REPUBLIKA.CO.ID, JAKARTA -- Anggota Komisi IX DPR RI, Kurniasih Mufidayati, mengapresiasi dimasukkannya peningkatan kualitas sistem kesehatan sebagai salah satu agenda utama APBN 2023. Namun, ia memandang titik berat APBN tampaknya masih di sektor ekonomi dengan segala pendukungnya, termasuk infrastruktur.
"Bisa dibilang lebih dari 70 persen agenda utama APBN ini diarahkan pada sektor ekonomi. Infrastruktur juga masih terus menjadi prioritas APBN di tahun 2023 ini meskipun seharusnya perlu dilakukan evaluasi terhadap efektivitas infrastruktur yang sudah dibangun dengan anggaran sangat besar dalam mendukung perekonomian," kata Kurniasih dalam keterangan tertulisnya, Rabu (17/8/2022).
Kurniasih meminta agar pemerintah betul-betul serius untuk memulihkan sektor kesehatan yang sempat terguncang dan porak-poranda akibat pandemi covid-19. Pandemi membuat banyak tenaga kesehatan yang gugur, pelayanan kesehatan yang sempat terhenti, alat kesehatan yang tidak mampu memenuhi kebutuhan saat gelombang pandemi datang, dan tentu saja penurunan kualitas kesehatan masyarakat akibat pandemi covid-19.
Selain itu, Kurniasih mengatakan ketahanan sistem kesehatan juga menjadi terlihat begitu rapuh saat pandemi lalu, khususnya saat puncak gelombang pandemi. Belum lagi persoalan kemandirian obat dan vaksin yang masih jauh dari harapan. Pada tingkat layanan kesehatan primer dan fasilitas kesehatan tingkat pertama, masyarakat juga masih mengeluhkan pelayanan yang buruk.
"Oleh karena itu seharusnya pemulihan sektor kesehatan ini harus mendapat perhatian khusus dalam APBN 2023 ini," ucapnya.

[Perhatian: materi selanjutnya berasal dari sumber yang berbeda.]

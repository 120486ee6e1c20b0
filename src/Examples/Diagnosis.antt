-- ===== src/Examples/Diagnosis.antt =====
-- The failure funnel at concrete inputs.
use agent_loop_gate.Base.{
  zero, suc, IsOk, String, List, [], ◌∷◌, map, value_of, true, false, none, some, ok, err, ◌≡◌, ◌↔◌,
  refl,
}
use agent_loop_gate.Base.Decimals.{whole}
use agent_loop_gate.Schemas.{
  Digest, valid, infra_invalid, update_source, infra_failure, tool_selection_error,
}
use agent_loop_gate.Diagnosis.{
  DiagnosticSignals, check_signals, classify, DiagnosisError, protected_terms_leaked,
  classify-infra_iff, classify-error_iff,
}
use agent_loop_gate.Schemas.Candidate.{FailureBundle}
use agent_loop_gate.Diagnosis.Bundles.{BundleIdentity, RankedFailureBundle, build_bundles, Iterable}

-- A failed run that found the tool and chose the wrong one.
abbrev signals : DiagnosticSignals
signals = record {
  run_id = "r1";
  task_id = "t1";
  snapshot_id = "b0";
  pool = update_source;
  run_validity = valid;
  success = some false;
  evidence_ref = "e";
  retrieval_required = false;
  retrieval_attempted = false;
  retrieved_document_count = 0;
  required_document_count = 0;
  gold_document_coverage = none;
  cross_document_reasoning_correct = none;
  policy_application_correct = none;
  tool_required = true;
  tool_discovered = some true;
  tool_selected_correctly = some false;
  tool_parameters_correct = none;
  action_order_correct = none;
  terminal_state_verified = none;
  recovery_required = false;
  recovery_succeeded = none;
  overtrusts_user_claim = false;
  evaluator_conflict = false;
  user_value_loss = whole 1;
  risk_weight = whole 1;
  fixability = whole 1;
}

signals-check : check_signals signals ≡ ok tt
unfolding check_signals
signals-check = refl

wrong_tool : classify signals ≡ ok tool_selection_error
unfolding classify
wrong_tool = refl

classify-infra_iff_example :
    (classify signals ≡ ok infra_failure) ↔ (signals.run_validity ≡ infra_invalid)
classify-infra_iff_example = classify-infra_iff signals

classify-error_iff_example :
    ((e : DiagnosisError) × (classify signals ≡ err e))
    ↔ ((signals.run_validity ≡ valid) × (signals.success ≡ some true))
classify-error_iff_example = classify-error_iff signals

abbrev digest_of : BundleIdentity → Digest
digest_of i = "sha256:0123456789abcdef0123"

abbrev summary_text : FailureBundle → String
summary_text b = b.redacted_summary

abbrev unchanged : String → String
unchanged s = s

-- A second run of the same failure, and a protected term that no bundle has.
abbrev failures : List DiagnosticSignals
failures = record signals { run_id = "r0"; user_value_loss = whole 2 } ∷ signals ∷ []

-- A list or another collection, which yields the same each time.
abbrev collection : List String → Iterable
collection terms n = terms

-- An iterator, which the first iteration exhausts.
abbrev iterator : List String → Iterable
iterator terms zero = terms
iterator terms (suc n) = []

abbrev terms : Iterable
terms = collection ("gold_answer" ∷ "" ∷ [])

unfoldable ranked : List RankedFailureBundle
unfolding build_bundles
ranked = value_of (build_bundles digest_of summary_text unchanged unchanged failures terms) tt

one_bundle :
    map (λ r. r.bundle.failure_bundle_id ∷ r.bundle.affected_run_ids) ranked
    ≡ (("FB_0123456789ABCDEF" ∷ "r0" ∷ "r1" ∷ []) ∷ [])
unfolding ranked build_bundles
one_bundle = refl

-- The same failure in a second snapshot, and a protected term that stands in its bundle only.
abbrev two_snapshots : List DiagnosticSignals
two_snapshots = signals ∷ record signals { snapshot_id = "b1" } ∷ []

abbrev snapshot_text : FailureBundle → String
snapshot_text b = b.snapshot_id

refuses_collection :
    build_bundles digest_of snapshot_text unchanged unchanged two_snapshots (collection ("b1" ∷ []))
    ≡ err protected_terms_leaked
unfolding build_bundles
refuses_collection = refl

-- An iterator of the same terms is exhausted before the second bundle, which is accepted.
accepts_iterator :
    IsOk (
      build_bundles digest_of snapshot_text unchanged unchanged two_snapshots
        (iterator ("b1" ∷ [])))
unfolding build_bundles
accepts_iterator = tt
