-- ===== src/Examples/Evaluation.antt =====
-- The evaluation of runs at concrete inputs.
use agent_loop_gate.Base.{
  string_eq, true, false, not, none, some, List, [], ◌∷◌, Occurs, ok, value_of, count, values, ◌≡◌,
  ◌↔◌, refl,
}
use agent_loop_gate.Base.Decimals.{Decimal, whole}
use agent_loop_gate.Schemas.{
  pilot, RunSource, RuntimeHost, valid, infra_invalid, EvidenceStatus, ArtifactId,
}
use agent_loop_gate.Schemas.Run.{RunRecord}
use agent_loop_gate.Evaluation.Metrics.{
  EvaluationContext, EvaluationSummary, Tally, empty_tally, tally_runs,
}
use agent_loop_gate.Evaluation.Metrics.Summary.{costs_of, build_summary, summarize, summarize_total}
use agent_loop_gate.Evaluation.Metrics.Counts.{is_valid_run, is_scored_success, summarize-counts}
use agent_loop_gate.Evaluation.Metrics.Coverage.{summarize-covers}
use agent_loop_gate.Base.{inl, arith}
use agent_loop_gate.Evaluation.Metrics.Compare.{
  EvaluationComparison, compare, IsLost, compare-IsLost,
}
use agent_loop_gate.Evaluation.Reset.{
  InfraChecks, IsSound, assess_infrastructure, assess_infrastructure-IsSound,
}

abbrev context : EvaluationContext
context = record {
  pool = pilot;
  snapshot_id = "b0";
  candidate_id = some "c1";
  expected_task_ids = "t1" ∷ [];
  trials = 2;
}

abbrev run : RunRecord
run = record {
  run_id = "r1";
  attempt_id = "a1";
  task_id = "t1";
  pool = pilot;
  snapshot_id = "b0";
  candidate_id = some "c1";
  source = RunSource.dsh;
  runtime_host = RuntimeHost.tau3;
  runtime_version = "1";
  runtime_profile = some "p";
  composition_digest = some "d";
  model_id = "m";
  benchmark_commit = "abc";
  objective_digest = "o";
  split_digest = "s";
  initial_state_digest = "i";
  terminal_state_digest = "t";
  trial_index = 1;
  run_validity = valid;
  success = some true;
  critical_violations = [];
  input_tokens = 10;
  output_tokens = 20;
  latency_ms = 300;
  cost = some (whole 2);
  source_trace_ref = "s1";
  evidence_receipt_ref = "e1";
  created_at = "t0";
}

abbrev failed_run : RunRecord
failed_run = record run { run_id = "r2"; trial_index = 2; success = some false }

abbrev invalid_run : RunRecord
invalid_run = record run {
  run_id = "r3";
  trial_index = 2;
  run_validity = infra_invalid;
  success = none;
  cost = none;
}

abbrev runs : List RunRecord
runs = run ∷ invalid_run ∷ failed_run ∷ []

abbrev verified_ids : List ArtifactId
verified_ids = "r1" ∷ "r2" ∷ "r3" ∷ []

unfoldable tally : Tally
unfolding tally_runs
tally = value_of (tally_runs verified_ids context empty_tally runs) tt

tally-runs : tally_runs verified_ids context empty_tally runs ≡ ok tally
unfolding tally_runs tally
tally-runs = refl

abbrev costs : List Decimal
costs = whole 2 ∷ whole 2 ∷ []

tally-costs : costs_of (values tally.valid_by_pair) ≡ ok costs
unfolding costs_of tally tally_runs
tally-costs = refl

summarize_total_example :
    summarize verified_ids context runs ≡ ok (build_summary context tally costs)
summarize_total_example = summarize_total verified_ids context runs tally-runs tally-costs

abbrev summary : EvaluationSummary
summary = build_summary context tally costs

-- One success in two valid runs; the invalid run is set aside.
one_success : summary.pass_1_numerator ≡ 1
unfolding build_summary tally tally_runs
one_success = refl

summarize-counts_example :
    (summary.valid_run_count ≡ count is_valid_run runs)
    × (summary.infra_invalid_count ≡ count (λ r. not (is_valid_run r)) runs)
    × (summary.pass_1_numerator ≡ count is_scored_success runs)
    × (summary.pass_1_denominator ≡ count is_valid_run runs)
summarize-counts_example =
    summarize-counts verified_ids context runs
      (summarize_total verified_ids context runs tally-runs tally-costs)

abbrev baseline : EvaluationSummary
baseline = record summary {
  stable_task_outcomes = ("t1", true) ∷ [];
  task_success_counts = ("t1", 2) ∷ [];
}

abbrev lost : EvaluationSummary
lost = record summary {
  stable_task_outcomes = ("t1", false) ∷ [];
  task_success_counts = ("t1", 0) ∷ [];
}

unfoldable comparison : EvaluationComparison
unfolding compare build_summary
comparison = value_of (compare baseline lost) tt

comparison-compares : compare baseline lost ≡ ok comparison
unfolding compare comparison build_summary
comparison-compares = refl

compare-IsLost_example :
    Occurs "t1" comparison.catastrophic_task_ids
    ↔ IsLost "t1" baseline.stable_task_outcomes lost.task_success_counts
compare-IsLost_example = compare-IsLost baseline lost comparison-compares "t1"

abbrev checks : InfraChecks
checks = record {
  expected_initial_digest = "i";
  actual_initial_digest = "i";
  dependencies_ok = true;
  evaluator_ok = true;
  trace_status = EvidenceStatus.verified;
  shared_resources_ok = true;
  provider_error = false;
  retry_count = 0;
}

assess_infrastructure-IsSound_example :
    ((assess_infrastructure checks).run_validity ≡ valid) ↔ IsSound checks
assess_infrastructure-IsSound_example = assess_infrastructure-IsSound checks

summary_complete : summary.integrity_complete ≡ true
unfolding build_summary tally tally_runs
summary_complete = refl

summarize-covers_example :
    (r : RunRecord) × Occurs r runs
    × (r.task_id ≡ "t1")
    × (r.trial_index ≡ 2)
    × (r.run_validity ≡ valid)
summarize-covers_example =
    summarize-covers verified_ids context runs
      (summarize_total verified_ids context runs tally-runs tally-costs) summary_complete "t1" 2
      (inl refl) (omega arith) (omega arith)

Anggota Fraksi PKS itu secara khusus juga meminta pemerintah memberikan perhatian serius terhadap kesehatan ibu dan anak, termasuk penanganan stunting dalam APBN 2023. Kurniasih menyampaikan riset yang dilakukan oleh UNICEF bersama UNDP, AIPP-Prospera dan SMERU Research Institute yang menemukan bahwa anak-anak Indonesia menghadapi berbagai tantangan mulai dari guncangan ekonomi dan kerawanan pangan, terganggunya akses layanan kesehatan, hingga munculnya tekanan psikologis akibat pandemi lalu.
"Penyelenggaraan posyandu yang terganggu juga menyebabkan 13 persen rumah tangga dengan anak berusia di bawah lima tahun tidak dapat memperoleh layanan imunisasi dan 36,7 persen rumah tangga tersebut belum bisa mendapatkan terapi dan layanan kesehatan lain yang dibutuhkan anaknya," ujarnya.
Kemudian ia juga berharap pemerintah melaksanakan komitmennya dalam penanganan stunting. Dalam 5 Pilar Penurunan Stunting, belum terlihat secara eksplisit komitmen peningkatan anggaran dan alokassi anggaran yang lebih tepat dan efektif untuk penurunan stunting. Ia menuturkan, hasil kajian dari Badan Kajian DPR menunjukkan dari sisi anggaran, Pemerintah belum optimal merancang program penurunan AKI, AKB dan Angka kematian balita (AKABA) dan dalam dua tahun belakangan ini.
"Jika pemerintah memang menginginkan peningkatan kualitas SDM unggul yang produktif, inovatif dan berdaya saing melalui peningkatan kualitas pendidikan dan kesehatan, maka pemulihan sektor kesehatan khususnya kesehatan ibu dan anak harus menjadi prioritas anggaran," ungkapnya.